Show HN: X-spreadsheet 1.0.28 – A JavaScript canvas spreadsheet for web - myliang
https://myliang.github.io/x-spreadsheet
======
rs23296008n1
Great stuff. A few things to fix.

Like how to add functions etc. This looks promising.
[https://github.com/myliang/x-spreadsheet/blob/master/src/cor...](https://github.com/myliang/x-spreadsheet/blob/master/src/core/formula.js)

------
fiatjaf
I wrote this many years ago:
[https://sheets.alhur.es/](https://sheets.alhur.es/)
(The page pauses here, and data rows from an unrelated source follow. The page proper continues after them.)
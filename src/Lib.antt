-- ===== src/Lib.antt =====
-- A verification library for Mini AI Cloud, the control plane that schedules AI tasks on GPU and
-- NPU workers and serves models. It covers the decisions that the control plane makes and the
-- rows that its transactions change; the processes that carry the decisions out (worker/, the
-- Kubernetes controllers of api/services/, cli/, scripts/) are outside it.
--
-- How the parts interact. A task is created under the quota of its project
-- (repositories/quotas.py) and moves along the graph of statuses of core/state_machine.py. The
-- scheduler takes a snapshot of the workers and chooses one of them (scheduler/policies.py); an
-- accelerator request is first matched against capacity pools of the two vendors
-- (scheduler/admission.py), and a serving replica is placed as a gang on one worker
-- (scheduler/serving.py). The worker that holds the execution reports on it and renews its lease
-- behind the fence of repositories/tasks.py; repositories/dag.py says when the dependencies of a
-- task are met, and repositories/reservations.py keeps the devices that an execution is seen to
-- hold, and gives back what it held and enters its use once it ends. What a transaction has to
-- tell other services goes through the queue of repositories/outbox.py. The services are scaled
-- by api/services/autoscaler.py, from the counts of open requests that api/services/gateway.py
-- keeps, within the commitments that the quota records. Who may do what is decided by
-- core/rbac.py.
--
-- Files. Core/ stands for core/: Core/Enums for core/enums.py, Core/StateMachine for
-- core/state_machine.py (with Runs, histories of statuses), Core/Rbac for core/rbac.py (with
-- Authority). Scheduler/ stands for scheduler/: Policies for policies.py (Snapshots:
-- `evaluate_snapshot`; Placements: `choose_placement`; Priority: `effective_priority`; Precheck:
-- `evaluate`), Serving for serving.py, Admission for admission.py (Model: the value objects and
-- their `__post_init__`; Choose: the filters and `choose_admission`; Reasons: the table of
-- reasons). Repositories/ stands for repositories/: Quotas for quotas.py (Model, Operations,
-- Commitments, Fit: the methods of `QuotaRepository`; Artifacts: what artifacts.py writes to the
-- same counters), Tasks for tasks.py (Model: `_transition`; Lifecycle: `_owned_task` and the
-- reports of progress; Cancel: `cancel` and `release_due_retries`; Retry: `retry_delay_seconds`;
-- Ending, Conclude and Finish: `finish_execution`; Recover: `recover_expired` on one task), Dag
-- for dag.py and for the decision of `resolve_dependency_readiness` (Cycle: `_contains_cycle`;
-- Adding: `_add_dependencies_locked`, `add_dependency` and the dependencies of `create_queued` of
-- tasks.py; Summary: `_summarize_loaded_group`), Reservations for reservations.py (Observation:
-- `record_observed_allocation`; Settlement: `release_and_settle`), Outbox for outbox.py (Events:
-- the operations; a `Call` is a transaction of a consumer). Services/Autoscaler stands for
-- api/services/autoscaler.py, Services/Gateway for `GatewayMetrics` of api/services/gateway.py.
-- The other modules below these hold proofs and are named for what they prove; each component has
-- a module Examples with runs at concrete inputs. Prelude/ holds lists, results, sorting, texts,
-- integers and the interface of floating-point numbers.
--
-- How code is translated. A function of the source has the name that it has there, less a leading
-- underscore; a record has the columns or fields that the code reads or writes. A raised
-- exception is `err` with a constructor for each message that the code tells apart; a transaction
-- that raises leaves its rows as they were. A method on database rows takes the rows of one
-- project or one task and returns those that it leaves: the row locks of the source make its
-- transactions on them sequential, so that an interleaving is a sequence of steps (`Step` and
-- `Steps` of Quotas/Reach and Tasks/Reach), between which the clock moves at will. The queue of
-- events is a list of rows; a row that another transaction has locked, which SKIP LOCKED passes
-- over, is one that a test of its ID picks out. Arguments that the code tests for being negative
-- are integers; counters and limits are natural numbers, as the constraints of their tables have
-- it. Costs are whole numbers of the unit 10^-8 of their columns, times whole microseconds. UUIDs
-- are numbers, whose order is that of their texts. A sort is an insertion sort, stable as
-- Python's is. Every loop goes down a list, but for the `while` of `_contains_cycle`, which runs
-- on fuel: it visits no node twice, so the number of the keys is enough, and the theorem on it
-- says that it returns.
--
-- Assumptions. Floating-point numbers are an interface (Prelude/Floats): a comparison is assumed
-- to be total and transitive, as it is without a NaN, and nothing about rounding; the delays of
-- retries are exact, as those of floats are while a product has at most 53 bits. Texts are
-- compared by code points, as Python does, and a text is blank when it has no character but those
-- that `str.strip` removes.
--
-- Not modelled. `claim` of repositories/tasks.py, and the transfer of executions between workers;
-- the repositories of admission, services, usage and diagnostics, the addition of an event to the
-- queue on its own, the routes of the gateway, and the simulator. HTTP routes and schemas,
-- configuration, migrations and the runtimes of the workers are input and output.
pub mod Prelude
pub mod Core
pub mod Scheduler
pub mod Repositories
pub mod Services
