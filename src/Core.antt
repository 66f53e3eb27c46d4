-- ===== src/Core.antt =====
-- core/: the vocabulary, the task state machine and the permissions.
pub mod Enums
pub mod StateMachine
pub mod Rbac
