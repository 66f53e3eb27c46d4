-- ===== src/Prelude/Lists.antt =====
-- Lists measured by native numbers, with Boolean quantifiers and predicates by recursion.
use Prim.Native.Nat.{ℕ, zero, suc, ◌≤◌}
use mathlib.Core.Path.{◌≡◌, refl, ap}
use mathlib.Core.Logic.{◌⊎◌, inl, inr}
use mathlib.Core.Bool.{Bool, true, false, ◌&&◌, ◌||◌}
use mathlib.Core.List.{List, [], ◌∷◌, ◌++◌}
use native.Mathlib.Omega.{arith}
use mini_ai_cloud.Prelude.Tests.{if◌then◌else◌}

module _ {ℓ} {A : Type ℓ} where
  abbrev pub length : List A → ℕ
  length [] = 0
  length (x ∷ xs) = suc (length xs)

  abbrev pub take : ℕ → List A → List A
  take zero xs = []
  take (suc n) [] = []
  take (suc n) (x ∷ xs) = x ∷ take n xs

  abbrev pub drop : ℕ → List A → List A
  drop zero xs = xs
  drop (suc n) [] = []
  drop (suc n) (x ∷ xs) = drop n xs

  -- `any(test(x) for x in xs)` and `all(test(x) for x in xs)`.
  abbrev pub any : (A → Bool) → List A → Bool
  any test [] = false
  any test (x ∷ xs) = test x || any test xs

  abbrev pub all : (A → Bool) → List A → Bool
  all test [] = true
  all test (x ∷ xs) = test x && all test xs

  -- `[x for x in xs if test(x)]`.
  abbrev pub keep : (A → Bool) → List A → List A
  keep test [] = []
  keep test (x ∷ xs) = if test x then x ∷ keep test xs else keep test xs

  abbrev pub All {κ} : (A → Type κ) → List A → Type κ
  All P [] = Unit
  All P (x ∷ xs) = P x × All P xs

  abbrev pub Any : (A → Type 0) → List A → Type 0
  Any P [] = ⊥
  Any P (x ∷ xs) = P x ⊎ Any P xs

module _ {ℓ} {A : Type ℓ} where
  pub length-take-le : (n : ℕ) (xs : List A) → n ≤ length xs → length (take n xs) ≡ n
  length-take-le zero xs h = refl
  length-take-le (suc n) [] h = absurd (omega arith)
  length-take-le (suc n) (x ∷ xs) h = ap suc (length-take-le n xs (omega arith))

  pub length-keep-le : (test : A → Bool) (xs : List A) → length (keep test xs) ≤ length xs
  length-keep-le test [] = omega arith
  length-keep-le test (x ∷ xs) = ground (arith, length-keep-le test xs)

module _ {ℓ κ} {A : Type ℓ} (P : A → Type κ) where
  pub All-take : (n : ℕ) (xs : List A) → All P xs → All P (take n xs)
  All-take zero xs h = tt
  All-take (suc n) [] h = tt
  All-take (suc n) (x ∷ xs) h = (h.0, All-take n xs h.1)

  pub All-drop : (n : ℕ) (xs : List A) → All P xs → All P (drop n xs)
  All-drop zero xs h = h
  All-drop (suc n) [] h = tt
  All-drop (suc n) (x ∷ xs) h = All-drop n xs h.1

  -- What is kept satisfies the test, and whatever held of the list.
  pub All-keep : (test : A → Bool) (xs : List A) → All P xs → All P (keep test xs)
  All-keep test [] h = tt
  All-keep test (x ∷ xs) h = ground (arith, All-keep test xs h.1)

  pub All-map {μ} : (Q : A → Type μ) (xs : List A) → ((x : A) → P x → Q x) → All P xs → All Q xs
  All-map Q [] f h = tt
  All-map Q (x ∷ xs) f h = (f x h.0, All-map Q xs f h.1)

  pub All-zip {μ} : (Q : A → Type μ) (xs : List A) → All P xs → All Q xs → All (λ x. P x × Q x) xs
  All-zip Q [] h k = tt
  All-zip Q (x ∷ xs) h k = ((h.0, k.0), All-zip Q xs h.1 k.1)

  pub All-of : ((x : A) → P x) → (xs : List A) → All P xs
  All-of f [] = tt
  All-of f (x ∷ xs) = (f x, All-of f xs)

module _ {ℓ} {A : Type ℓ} where
  pub All-keep_test : (test : A → Bool) (xs : List A) → All (λ x. test x ≡ true) (keep test xs)
  All-keep_test test [] = tt
  All-keep_test test (x ∷ xs) = ground (arith, All-keep_test test xs)

  pub keep-All : (test : A → Bool) (xs : List A) → All (λ x. test x ≡ true) xs → keep test xs ≡ xs
  keep-All test [] h = refl
  keep-All test (x ∷ xs) h = ground (arith, keep-All test xs h.1)

  pub all→All : (test : A → Bool) (xs : List A) → all test xs ≡ true → All (λ x. test x ≡ true) xs
  all→All test [] h = tt
  all→All test (x ∷ xs) h = ground (arith, all→All test xs)

  pub All→all : (test : A → Bool) (xs : List A) → All (λ x. test x ≡ true) xs → all test xs ≡ true
  All→all test [] h = refl
  All→all test (x ∷ xs) h = ground (arith, All→all test xs h.1)

  pub keep-keep : (p q : A → Bool) (xs : List A) → keep p (keep q xs) ≡ keep (λ x. q x && p x) xs
  keep-keep p q [] = refl
  keep-keep p q (x ∷ xs) = ground (arith, keep-keep p q xs)

module _ {ℓ} {A : Type ℓ} where
  pub take-append-drop : (n : ℕ) (xs : List A) → take n xs ++ drop n xs ≡ xs
  take-append-drop zero xs = refl
  take-append-drop (suc n) [] = refl
  take-append-drop (suc n) (x ∷ xs) = rw (take-append-drop n xs)

  pub Any-map : {P Q : A → Type 0} (xs : List A) → ((x : A) → P x → Q x) → Any P xs → Any Q xs
  Any-map [] f h = elim h [ ]
  Any-map (x ∷ xs) f (inl h) = inl (f x h)
  Any-map (x ∷ xs) f (inr h) = inr (Any-map xs f h)
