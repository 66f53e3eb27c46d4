-- ===== src/Prelude/Results.antt =====
-- A fallible call: the value that it returns, or the exception that it raises.
use mathlib.Core.Path.{◌≡◌, refl}
use mathlib.Core.Logic.{◌⊎◌, inl, inr}
use mathlib.Core.Bool.{Bool, true, false}
use mini_ai_cloud.Prelude.Tests.{if◌then◌else◌}

pub data Result {ℓ κ} (E : Type ℓ) (A : Type κ) : Type (ℓ ⊔ κ) where
  ok : A → Result E A
  err : E → Result E A

-- `if test: raise e`.
abbrev pub raise_if {ℓ} : {E : Type ℓ} → Bool → E → Result E (Unit {0})
raise_if false e = ok tt
raise_if true e = err e

module _ {ℓ κ} {E : Type ℓ} {A : Type κ} where
  -- The next statement runs only where the one before it returned.
  infixl 5 ◌>>=◌
  abbrev pub ◌>>=◌ {μ} : {B : Type μ} → Result E A → (A → Result E B) → Result E B
  err raised >>= next = err raised
  ok value >>= next = next value

  pub Result-cases : (m : Result E A) → ((a : A) × (m ≡ ok a)) ⊎ ((e : E) × (m ≡ err e))
  Result-cases (ok a) = inl (a, refl)
  Result-cases (err e) = inr (e, refl)

  -- A sequence that returned went through its first statement, and the rest returned the same.
  pub ok_parts {μ} :
      {B : Type μ} (first : Result E A) (next : A → Result E B) {result : B}
      → (first >>= next) ≡ ok result
      → (value : A) × (first ≡ ok value) × (next value ≡ ok result)
  ok_parts (err raised) next h = cc
  ok_parts (ok value) next h = (value, refl, h)

  pub ok_injective : {a b : A} → ◌≡◌ {A = Result E A} (ok a) (ok b) → a ≡ b
  ok_injective e = cc

infixl 5 ◌>>◌
abbrev pub ◌>>◌ {ℓ κ} : {E : Type ℓ} {B : Type κ} → Result E (Unit {0}) → Result E B → Result E B
check >> rest = check >>= λ _. rest

-- A choice of two calls that returned is one of them.
pub either_ok {ℓ κ} :
    {E : Type ℓ} {A : Type κ} (test : Bool) (x y : Result E A) {a : A}
    → (if test then x else y) ≡ ok a
    → ((test ≡ true) × (x ≡ ok a)) ⊎ ((test ≡ false) × (y ≡ ok a))
either_ok true x y h = inl (refl, h)
either_ok false x y h = inr (refl, h)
The source code is somewhere on GitHub, but I don't remember where exactly, I
tried so many times to write a good spreadsheet. My final goal was to use them
to power-up a structured n-dimensional app for storing any kind of data and
visualizing it and doing computations like in a normal free-form spreadsheet.

------
myliang
[https://github.com/myliang/x-spreadsheet](https://github.com/myliang/x-spreadsheet)

------
llagerlof
I know a similar project. It has some years by now.

[https://ethercalc.net](https://ethercalc.net)

------
MR4D
Bummer. Can’t edit a cell on iPad.

Still not sure why Apple hasn’t figured this out. It’s my main reason for
still needing a laptop.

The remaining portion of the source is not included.